* [Material provided]:
——————

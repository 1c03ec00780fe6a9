-- ===== src/Netlist/Numbers.antt =====
-- The numbers of the nets of a module (src/warptap/netlist.py).
pub mod Wires
pub mod Ports
pub mod Edits
pub mod Growth
use Prim.Native.Nat.{max}
use warptap.Base.{
  ℕ, zero, suc, ◌+◌, ◌<◌, ◌≤◌, List, [], ◌∷◌, ◌++◌, Option, none, some, String, Result, ok, err,
  ◌≡◌, refl, ap, subst, sym, ◌∙◌, arith, same_name, Bool-cases, inl, inr, ok-injective,
}
use warptap.Base.Dicts.{lookup, assign, remove}
use warptap.Netlist.Data.{
  Bit, net, constant, Port, Cell, Netname, Module, or_empty, above, above_each, above_port,
  above_cell, above_netname, scan_max_bit, new_module,
}
use warptap.Netlist.{alloc_bit, alloc_bits}

-- Every entry of a dictionary has the property.
abbrev pub Each : {A : Type 0} → (A → Type 0) → List (String × A) → Type 0
Each P [] = Unit {0}
Each P ((key, a) ∷ d) = P a × Each P d

module _ {A : Type 0} (P : A → Type 0) where
  pub Each-lookup :
      (d : List (String × A)) (key : String) {a : A} → Each P d → lookup d key ≡ some a → P a
  Each-lookup [] key {a} h e = absurd cc
  Each-lookup ((k, v) ∷ d) key {a} h e = elim (Bool-cases (same_name k key)) [
    | inl same ↦
        let found : some v ≡ some a = rw same at e in let value : v ≡ a = cc in subst P value h.0
    | inr other ↦ Each-lookup d key h.1 (rw other at e)
  ]

  pub Each-assign :
      (d : List (String × A)) (key : String) (a : A) → Each P d → P a → Each P (assign d key a)
  Each-assign [] key a h p = (p, tt)
  Each-assign ((k, v) ∷ d) key a h p = elim (Bool-cases (same_name k key)) [
    | inl same ↦ rw same (p, h.1)
    | inr other ↦ rw other (h.0, Each-assign d key a h.1 p)
  ]

  pub Each-remove : (d : List (String × A)) (key : String) → Each P d → Each P (remove d key)
  Each-remove [] key h = tt
  Each-remove ((k, v) ∷ d) key h = elim (Bool-cases (same_name k key)) [
    | inl same ↦ rw same (Each-remove d key h.1)
    | inr other ↦ rw other (h.0, Each-remove d key h.1)
  ]

pub Each-mono :
    {A : Type 0} (P Q : A → Type 0) (d : List (String × A))
    → ((a : A) → P a → Q a)
    → Each P d
    → Each Q d
Each-mono P Q [] f h = tt
Each-mono P Q ((k, v) ∷ d) f h = (f v h.0, Each-mono P Q d f h.1)

-- The nets have numbers below a bound.
abbrev pub Below : ℕ → List Bit → Type 0
Below n [] = Unit {0}
Below n (net b ∷ bits) = (b < n) × Below n bits
Below n (constant c ∷ bits) = Below n bits

abbrev pub PortBelow : ℕ → Port → Type 0
PortBelow n port = Below n port.bits

abbrev pub CellBelow : ℕ → Cell → Type 0
CellBelow n cell = Each (Below n) cell.connections

abbrev pub NetnameBelow : ℕ → Netname → Type 0
NetnameBelow n entry = Below n entry.bits

-- The nets of the ports, the cells and the netnames have numbers below the next one.
abbrev pub Numbered : Module → Type 0
Numbered m =
    Each (PortBelow m.next_bit) (or_empty m.ports)
    × Each (CellBelow m.next_bit) (or_empty m.cells)
    × Each (NetnameBelow m.next_bit) (or_empty m.netnames)

pub Below-mono : (n n' : ℕ) (bits : List Bit) → n ≤ n' → Below n bits → Below n' bits
Below-mono n n' [] le h = tt
Below-mono n n' (net b ∷ bits) le h = (omega (arith, h.0), Below-mono n n' bits le h.1)
Below-mono n n' (constant c ∷ bits) le h = Below-mono n n' bits le h

CellBelow-mono : (n n' : ℕ) (cell : Cell) → n ≤ n' → CellBelow n cell → CellBelow n' cell
CellBelow-mono n n' cell le h =
    Each-mono (Below n) (Below n') cell.connections (λ bits. Below-mono n n' bits le) h

above-le : (n : ℕ) (bits : List Bit) → n ≤ above n bits
unfolding above
above-le n [] = omega arith
above-le n (net b ∷ bits) = omega (arith, above-le (max n (suc b)) bits)
above-le n (constant c ∷ bits) = above-le n bits

above-Below : (n : ℕ) (bits : List Bit) → Below (above n bits) bits
unfolding above
above-Below n [] = tt
above-Below n (net b ∷ bits) =
    (omega (arith, above-le (max n (suc b)) bits), above-Below (max n (suc b)) bits)
above-Below n (constant c ∷ bits) = above-Below n bits

module _ {A : Type 0} (f : ℕ → A → ℕ) (P : ℕ → A → Type 0) (f_le : (n : ℕ) (a : A) → n ≤ f n a)
    (f_P : (n : ℕ) (a : A) → P (f n a) a)
    (P_mono : (n n' : ℕ) (a : A) → n ≤ n' → P n a → P n' a) where
  above_each-le : (n : ℕ) (d : List (String × A)) → n ≤ above_each f n d
  unfolding above_each
  above_each-le n [] = omega arith
  above_each-le n ((k, a) ∷ d) = omega (arith, f_le n a, above_each-le (f n a) d)

  above_each-Each : (n : ℕ) (d : List (String × A)) → Each (P (above_each f n d)) d
  unfolding above_each
  above_each-Each n [] = tt
  above_each-Each n ((k, a) ∷ d) = (
    P_mono (f n a) (above_each f (f n a) d) a (above_each-le (f n a) d) (f_P n a),
    above_each-Each (f n a) d,
  )

above_cell-le : (n : ℕ) (cell : Cell) → n ≤ above_cell n cell
above_cell-le n cell = above_each-le above Below above-le above-Below Below-mono n cell.connections

above_cell-CellBelow : (n : ℕ) (cell : Cell) → CellBelow (above_cell n cell) cell
above_cell-CellBelow n cell =
    above_each-Each above Below above-le above-Below Below-mono n cell.connections

pub new_module-Numbered :
    (attributes : _) (ports : Option (List (String × Port))) (cells : Option (List (String × Cell)))
    (netnames : Option (List (String × Netname)))
    → Numbered (new_module attributes ports cells netnames)
unfolding new_module scan_max_bit
new_module-Numbered attributes ports cells netnames =
    let p = above_each above_port 0 (or_empty ports) in
    let c = above_each above_cell p (or_empty cells) in
    let n = above_each above_netname c (or_empty netnames) in
    let wires_le : c ≤ n =
      above_each-le above_netname NetnameBelow (λ n w. above-le n w.bits)
        (λ n w. above-Below n w.bits) (λ n n' w. Below-mono n n' w.bits) c (or_empty netnames) in
    let cells_le : p ≤ c =
      above_each-le above_cell CellBelow above_cell-le above_cell-CellBelow CellBelow-mono p
        (or_empty cells) in
    let ports_le : p ≤ n = omega arith in
    (
      Each-mono (PortBelow p) (PortBelow n) (or_empty ports)
          (λ port. Below-mono p n port.bits ports_le)
          (above_each-Each above_port PortBelow (λ n port. above-le n port.bits)
            (λ n port. above-Below n port.bits) (λ n n' port. Below-mono n n' port.bits) 0
            (or_empty ports)),
      Each-mono (CellBelow c) (CellBelow n) (or_empty cells)
          (λ cell. CellBelow-mono c n cell wires_le)
          (above_each-Each above_cell CellBelow above_cell-le above_cell-CellBelow CellBelow-mono p
            (or_empty cells)),
      above_each-Each above_netname NetnameBelow (λ n w. above-le n w.bits)
          (λ n w. above-Below n w.bits) (λ n n' w. Below-mono n n' w.bits) c (or_empty netnames),
    )

-- The nets that are given next.
abbrev pub fresh_bits : ℕ → ℕ → List Bit
fresh_bits n zero = []
fresh_bits n (suc width) = net n ∷ fresh_bits (suc n) width

abbrev pub advanced : ℕ → Module → Module
advanced width m = record m { next_bit = m.next_bit + width }

pub alloc_bits-fresh :
    (width : ℕ) (m : Module)
    → alloc_bits width m ≡ (ok (fresh_bits m.next_bit width), advanced width m)
unfolding alloc_bits alloc_bit
alloc_bits-fresh zero m =
    let same : m.next_bit ≡ m.next_bit + 0 = omega arith in
    ap (λ (k : ℕ). (ok [], record m { next_bit = k })) same
alloc_bits-fresh (suc width) m =
    let n = m.next_bit in
    let same : suc n + width ≡ n + suc width = omega arith in
    rw (alloc_bits-fresh width (record m { next_bit = suc n }))
      (ap (λ (k : ℕ). (ok (net n ∷ fresh_bits (suc n) width), record m { next_bit = k })) same)

pub fresh_bits-Below : (n width : ℕ) → Below (n + width) (fresh_bits n width)
fresh_bits-Below n zero = tt
fresh_bits-Below n (suc width) = (
  omega arith,
  Below-mono (suc n + width) (n + suc width) (fresh_bits (suc n) width) (omega arith)
      (fresh_bits-Below (suc n) width),
)

pub advanced-Numbered : (width : ℕ) (m : Module) → Numbered m → Numbered (advanced width m)
advanced-Numbered width m h =
    let n = m.next_bit in
    let le : n ≤ n + width = omega arith in
    (
      Each-mono (PortBelow n) (PortBelow (n + width)) (or_empty m.ports)
          (λ p. Below-mono n (n + width) p.bits le) h.0,
      Each-mono (CellBelow n) (CellBelow (n + width)) (or_empty m.cells)
          (λ c. CellBelow-mono n (n + width) c le) h.1,
      Each-mono (NetnameBelow n) (NetnameBelow (n + width)) (or_empty m.netnames)
          (λ w. Below-mono n (n + width) w.bits le) h.2,
    )
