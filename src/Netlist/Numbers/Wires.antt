-- ===== src/Netlist/Numbers/Wires.antt =====
-- Wires and cells keep the numbering of the nets (src/warptap/netlist.py).
use warptap.Base.{ℕ, List, Option, none, some, String, Result, ok, err, Option-cases, inl, inr}
use warptap.Base.Exec.{continue}
use warptap.Base.Dicts.{lookup, assign}
use warptap.Netlist.Data.{
  NetlistError, Edit, number, Bit, Value, Port, Cell, Netname, Module, or_empty,
}
use warptap.Netlist.{
  each, wire, name_new, name_wire, new_wire, add_cell, connect, keep_wire, keep_cell, set_keep,
  set_port,
}
use warptap.Netlist.Numbers.{
  Each-lookup, Each-assign, Below, PortBelow, CellBelow, NetnameBelow, Numbered, fresh_bits,
  fresh_bits-Below, advanced, advanced-Numbered, alloc_bits-fresh,
}

pub set_port-Numbered :
    (name : String) (port : Port) (m : Module)
    → Numbered m
    → PortBelow m.next_bit port
    → Numbered (set_port name port m)
set_port-Numbered name port m h p =
    (Each-assign (PortBelow m.next_bit) (or_empty m.ports) name port h.0 p, h.1, h.2)

pub name_wire-Numbered :
    (name : String) (entry : Netname) (m : Module)
    → Numbered m
    → NetnameBelow m.next_bit entry
    → Numbered (name_wire name entry m)
name_wire-Numbered name entry m h p =
    (h.0, h.1, Each-assign (NetnameBelow m.next_bit) (or_empty m.netnames) name entry h.2 p)

name_new-Numbered :
    (name : Option String) (bits : List Bit) (attributes : List (String × Value)) (m : Module)
    → Numbered m
    → Below m.next_bit bits
    → Numbered (name_new name bits attributes m)
name_new-Numbered none bits attributes m h p = h
name_new-Numbered (some name) bits attributes m h p =
    name_wire-Numbered name (wire bits attributes) m h p

pub new_wire-Numbered :
    (width : ℕ) (name : Option String) (attributes : List (String × Value)) (m : Module)
    → Numbered m
    → Numbered (new_wire width name attributes m).1
unfolding new_wire
new_wire-Numbered width name attributes m h = rw (alloc_bits-fresh width m) (
    name_new-Numbered name (fresh_bits m.next_bit width) attributes (advanced width m)
      (advanced-Numbered width m h) (fresh_bits-Below m.next_bit width))

pub add_cell-Numbered :
    (name : String) (cell : Cell) (m : Module)
    → Numbered m
    → CellBelow m.next_bit cell
    → Numbered (add_cell name cell m).1
unfolding add_cell
add_cell-Numbered name cell m h p = elim (Option-cases (lookup (or_empty m.cells) name)) [
  | inl absent ↦
      rw absent (h.0, Each-assign (CellBelow m.next_bit) (or_empty m.cells) name cell h.1 p, h.2)
  | inr (present, e) ↦ rw e h
]

pub connect-Numbered :
    (name port : String) (bits : List Bit) (m : Module)
    → Numbered m
    → Below m.next_bit bits
    → Numbered (connect name port bits m).1
unfolding connect
connect-Numbered name port bits m h p = elim (Option-cases (lookup (or_empty m.cells) name)) [
  | inl absent ↦ rw absent h
  | inr (cell, e) ↦
      let old : CellBelow m.next_bit cell =
        Each-lookup (CellBelow m.next_bit) (or_empty m.cells) name h.1 e in
      let rewired : Cell = record cell { connections = assign cell.connections port bits } in
      rw e (
        h.0,
        Each-assign (CellBelow m.next_bit) (or_empty m.cells) name rewired h.1
            (Each-assign (Below m.next_bit) cell.connections port bits old p),
        h.2,
      )
]

keep_wire-Numbered : (name : String) (m : Module) → Numbered m → Numbered (keep_wire name m).1
unfolding keep_wire
keep_wire-Numbered name m h = elim (Option-cases (lookup (or_empty m.netnames) name)) [
  | inl absent ↦ rw absent h
  | inr (entry, e) ↦
      let kept : Netname = record entry {
        attributes = assign entry.attributes "keep" (number 1);
      } in
      let old : NetnameBelow m.next_bit entry =
        Each-lookup (NetnameBelow m.next_bit) (or_empty m.netnames) name h.2 e in
      rw e (h.0, h.1, Each-assign (NetnameBelow m.next_bit) (or_empty m.netnames) name kept h.2 old)
]

keep_cell-Numbered : (name : String) (m : Module) → Numbered m → Numbered (keep_cell name m).1
unfolding keep_cell
keep_cell-Numbered name m h = elim (Option-cases (lookup (or_empty m.cells) name)) [
  | inl absent ↦ rw absent h
  | inr (cell, e) ↦
      let kept : Cell = record cell { attributes = assign cell.attributes "keep" (number 1) } in
      let old : CellBelow m.next_bit cell =
        Each-lookup (CellBelow m.next_bit) (or_empty m.cells) name h.1 e in
      rw e (h.0, Each-assign (CellBelow m.next_bit) (or_empty m.cells) name kept h.1 old, h.2)
]

each-Numbered :
    (f : String → Edit (Unit {0})) (name : Option String) (m : Module)
    → ((name : String) (m : Module) → Numbered m → Numbered (f name m).1)
    → Numbered m
    → Numbered (each f name m).1
each-Numbered f none m keeps h = h
each-Numbered f (some name) m keeps h = keeps name m h

-- The second part runs only if the first one does not raise.
continue-Numbered :
    {A B : Type 0} (f : A → Edit B) (r : Result NetlistError A) (m : Module)
    → ((a : A) → Numbered (f a m).1)
    → Numbered m
    → Numbered (continue f (r, m)).1
continue-Numbered f (ok a) m keeps h = keeps a
continue-Numbered f (err e) m keeps h = h

pub set_keep-Numbered :
    (wire_name cell_name : Option String) (m : Module)
    → Numbered m
    → Numbered (set_keep wire_name cell_name m).1
unfolding set_keep
set_keep-Numbered wire_name cell_name m h =
    let first = each keep_wire wire_name m in
    let kept : Numbered first.1 = each-Numbered keep_wire wire_name m keep_wire-Numbered h in
    continue-Numbered (λ u. each keep_cell cell_name) first.0 first.1
      (λ u. each-Numbered keep_cell cell_name first.1 keep_cell-Numbered kept) kept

——————

* [Exercise details]:
Within the data above, the span starting at the line containing "Each-mono (Below n)" and ending at the line containing "above-le n (net" is to be retyped exactly, with no other lines.

* [Answer for the task]:
    Each-mono (Below n) (Below n') cell.connections (λ bits. Below-mono n n' bits le) h

above-le : (n : ℕ) (bits : List Bit) → n ≤ above n bits
unfolding above
above-le n [] = omega arith
above-le n (net b ∷ bits) = omega (arith, above-le (max n (suc b)) bits)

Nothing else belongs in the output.